● **Work to complete**:
Say how many lines in the entries hold the word "antt", and reply with that number only.

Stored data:
++++
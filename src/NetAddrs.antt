-- ===== src/NetAddrs.antt =====
-- src/utilities/net_addrs.h: the UDP ports of the RocketNet, by which packets are told apart.
pub mod Addresses
use av3_fc.Base.{ℕ}

abbrev pub rnh_battery : ℕ
rnh_battery = 36101

abbrev pub rnh_port : ℕ
rnh_port = 36102

abbrev pub rnh_alarm : ℕ
rnh_alarm = 36103

abbrev pub rnh_umbdet : ℕ
rnh_umbdet = 36104

abbrev pub fcf_health_port : ℕ
fcf_health_port = 36201

abbrev pub adis_port : ℕ
adis_port = 35020

abbrev pub mpu_port : ℕ
mpu_port = 35002

abbrev pub mpl_port : ℕ
mpl_port = 35010

abbrev pub bmp_port : ℕ
bmp_port = 35011

abbrev pub arm_port : ℕ
arm_port = 35666

abbrev pub rc_servo_enable_port : ℕ
rc_servo_enable_port = 35667

abbrev pub jgps_port : ℕ
jgps_port = 35050

abbrev pub gps_cots : ℕ
gps_cots = 35051

abbrev pub fc_listen_port : ℕ
fc_listen_port = 36000

abbrev pub rci_port : ℕ
rci_port = 23

abbrev pub roll_port : ℕ
roll_port = 35003

abbrev pub wifi_port : ℕ
wifi_port = 35001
++++
● **Reply to the task**:
2